Exercise requirements »
Make an exact copy of the lines below.

Records for this exercise »
::::

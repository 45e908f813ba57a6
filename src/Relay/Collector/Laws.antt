-- ===== src/Relay/Collector/Laws.antt =====
-- The rounds of the loop that asks the db-service for missed packets, and the classes of its answers.
use native.Mathlib.Nat.{mod-lt}
use verulink.Base.{
  ℕ, ◌+◌, ◌%◌, ◌<◌, ◌≡◌, inl, inr, sym, ap, List, map, Bytes, codes, eqb, eqb_iff, ==_iff, ◌≢◌,
  Option, none, some, Result, ok, err, panics, already_relayed, or_panic, length, get_elem?,
  bind_ok, Bool-cases, ◌>>=◌, ◌==◌, if◌then◌else◌, arith,
}
use verulink.Chain.{MissedPacket}
use verulink.Relay.Web.{Web, Response, unexpected_status}
use verulink.Relay.Collector.{
  Collector, after_fetch, collector_answer, fetch_missed_packets, receive_round, read_all,
}

after_fetch_lt :
    (c : Collector) (i j : ℕ) (r : Result (Option (List MissedPacket))) (pkts : List MissedPacket)
    → i < length c.chain_id_to_address
    → after_fetch c i r ≡ ok (pkts, j)
    → j < length c.chain_id_to_address
unfolding after_fetch
after_fetch_lt c i j (ok (some l)) pkts lt e =
    let next : (i + 1) % length c.chain_id_to_address ≡ j = cc in
    rw (sym next) (mod-lt (i + 1) (omega arith))
after_fetch_lt c i j (ok none) pkts lt e = cc
after_fetch_lt c i j (err x) pkts lt e = let same : i ≡ j = cc in omega arith
after_fetch_lt c i j panics pkts lt e = cc

-- If the index is inside the list of wallets and a round returns, its next index is inside as
-- well, so that the next round finds a wallet.
pub receive_round_lt :
    (web : Web) (details : Bytes → Result (Option (List MissedPacket))) (c : Collector) (i j : ℕ)
    (pkts : List MissedPacket)
    → i < length c.chain_id_to_address
    → receive_round web details c i ≡ ok (pkts, j)
    → j < length c.chain_id_to_address
unfolding receive_round
receive_round_lt web details c i j pkts lt e =
    let (wallet, found, rest) =
      bind_ok (or_panic (get_elem? (map (λ (p : Bytes × Bytes). p.1) c.chain_id_to_address) i))
        (λ w. after_fetch c i (fetch_missed_packets web details c w)) (pkts, j) e in
    after_fetch_lt c i j (fetch_missed_packets web details c wallet) pkts lt rest

not_relayed : ◌≡◌ {A = Result (Unit {0})} (ok tt) (err already_relayed) → ⊥
not_relayed e = cc

unexpected_not_relayed :
    ◌≡◌ {A = Result (Unit {0})} (err unexpected_status) (err already_relayed) → ⊥
unexpected_not_relayed e = cc

relayed :
    (r : Result Bytes)
    → r ≢ err already_relayed
    → ◌≡◌ {A = Result (Unit {0})}
        (do text ← r; if eqb text (codes "Duplicate packet") then err already_relayed else ok tt)
        (err already_relayed)
    → r ≡ ok (codes "Duplicate packet")
relayed (ok text) h e = elim (Bool-cases (eqb text (codes "Duplicate packet"))) [
  | inl same ↦ ap ok ((eqb_iff text (codes "Duplicate packet")).0 same)
  | inr other ↦ absurd (not_relayed (rw other at e))
]
relayed (err x) h e = absurd (h cc)
relayed panics h e = cc

-- If reading the answer's text does not itself give the error for duplicates, a delivery is taken
-- for a duplicate only on the status for created with the message for duplicates.
pub collector_answer_relayed :
    (response : Bytes → Result Bytes) (resp : Response)
    → response (read_all resp.body) ≢ err already_relayed
    → collector_answer response resp ≡ err already_relayed
    → (resp.status_code ≡ 201) × (response (read_all resp.body) ≡ ok (codes "Duplicate packet"))
unfolding collector_answer
collector_answer_relayed response resp other e = elim (Bool-cases (resp.status_code == 201)) [
  | inl created ↦ (
    (==_iff resp.status_code 201).0 created,
    relayed (response (read_all resp.body)) other (rw created at e),
  )
  | inr wrong ↦ absurd (unexpected_not_relayed (rw wrong at e))
]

::::

Solution to this task »
repository 45e908f813ba57a6
filename src/Relay/Collector/Laws.antt
-- ===== src/Relay/Collector/Laws.antt =====
-- The rounds of the loop that asks the db-service for missed packets, and the classes of its answers.
use native.Mathlib.Nat.{mod-lt}
use verulink.Base.{
  ℕ, ◌+◌, ◌%◌, ◌<◌, ◌≡◌, inl, inr, sym, ap, List, map, Bytes, codes, eqb, eqb_iff, ==_iff, ◌≢◌,
  Option, none, some, Result, ok, err, panics, already_relayed, or_panic, length, get_elem?,
  bind_ok, Bool-cases, ◌>>=◌, ◌==◌, if◌then◌else◌, arith,
}
use verulink.Chain.{MissedPacket}
use verulink.Relay.Web.{Web, Response, unexpected_status}
use verulink.Relay.Collector.{
  Collector, after_fetch, collector_answer, fetch_missed_packets, receive_round, read_all,
}

after_fetch_lt :
    (c : Collector) (i j : ℕ) (r : Result (Option (List MissedPacket))) (pkts : List MissedPacket)
    → i < length c.chain_id_to_address
    → after_fetch c i r ≡ ok (pkts, j)
    → j < length c.chain_id_to_address
unfolding after_fetch
after_fetch_lt c i j (ok (some l)) pkts lt e =
    let next : (i + 1) % length c.chain_id_to_address ≡ j = cc in
    rw (sym next) (mod-lt (i + 1) (omega arith))
after_fetch_lt c i j (ok none) pkts lt e = cc
after_fetch_lt c i j (err x) pkts lt e = let same : i ≡ j = cc in omega arith
after_fetch_lt c i j panics pkts lt e = cc

-- If the index is inside the list of wallets and a round returns, its next index is inside as
-- well, so that the next round finds a wallet.
pub receive_round_lt :
    (web : Web) (details : Bytes → Result (Option (List MissedPacket))) (c : Collector) (i j : ℕ)
    (pkts : List MissedPacket)
    → i < length c.chain_id_to_address
    → receive_round web details c i ≡ ok (pkts, j)
    → j < length c.chain_id_to_address
unfolding receive_round
receive_round_lt web details c i j pkts lt e =
    let (wallet, found, rest) =
      bind_ok (or_panic (get_elem? (map (λ (p : Bytes × Bytes). p.1) c.chain_id_to_address) i))
        (λ w. after_fetch c i (fetch_missed_packets web details c w)) (pkts, j) e in
    after_fetch_lt c i j (fetch_missed_packets web details c wallet) pkts lt rest

not_relayed : ◌≡◌ {A = Result (Unit {0})} (ok tt) (err already_relayed) → ⊥
not_relayed e = cc

unexpected_not_relayed :
    ◌≡◌ {A = Result (Unit {0})} (err unexpected_status) (err already_relayed) → ⊥
unexpected_not_relayed e = cc

relayed :
    (r : Result Bytes)
    → r ≢ err already_relayed
    → ◌≡◌ {A = Result (Unit {0})}
        (do text ← r; if eqb text (codes "Duplicate packet") then err already_relayed else ok tt)
        (err already_relayed)
    → r ≡ ok (codes "Duplicate packet")
relayed (ok text) h e = elim (Bool-cases (eqb text (codes "Duplicate packet"))) [
  | inl same ↦ ap ok ((eqb_iff text (codes "Duplicate packet")).0 same)
  | inr other ↦ absurd (not_relayed (rw other at e))
]
relayed (err x) h e = absurd (h cc)
relayed panics h e = cc

-- If reading the answer's text does not itself give the error for duplicates, a delivery is taken
-- for a duplicate only on the status for created with the message for duplicates.
pub collector_answer_relayed :
    (response : Bytes → Result Bytes) (resp : Response)
    → response (read_all resp.body) ≢ err already_relayed
    → collector_answer response resp ≡ err already_relayed
    → (resp.status_code ≡ 201) × (response (read_all resp.body) ≡ ok (codes "Duplicate packet"))
unfolding collector_answer
collector_answer_relayed response resp other e = elim (Bool-cases (resp.status_code == 201)) [
  | inl created ↦ (
    (==_iff resp.status_code 201).0 created,
    relayed (response (read_all resp.body)) other (rw created at e),
  )
  | inr wrong ↦ absurd (unexpected_not_relayed (rw wrong at e))
]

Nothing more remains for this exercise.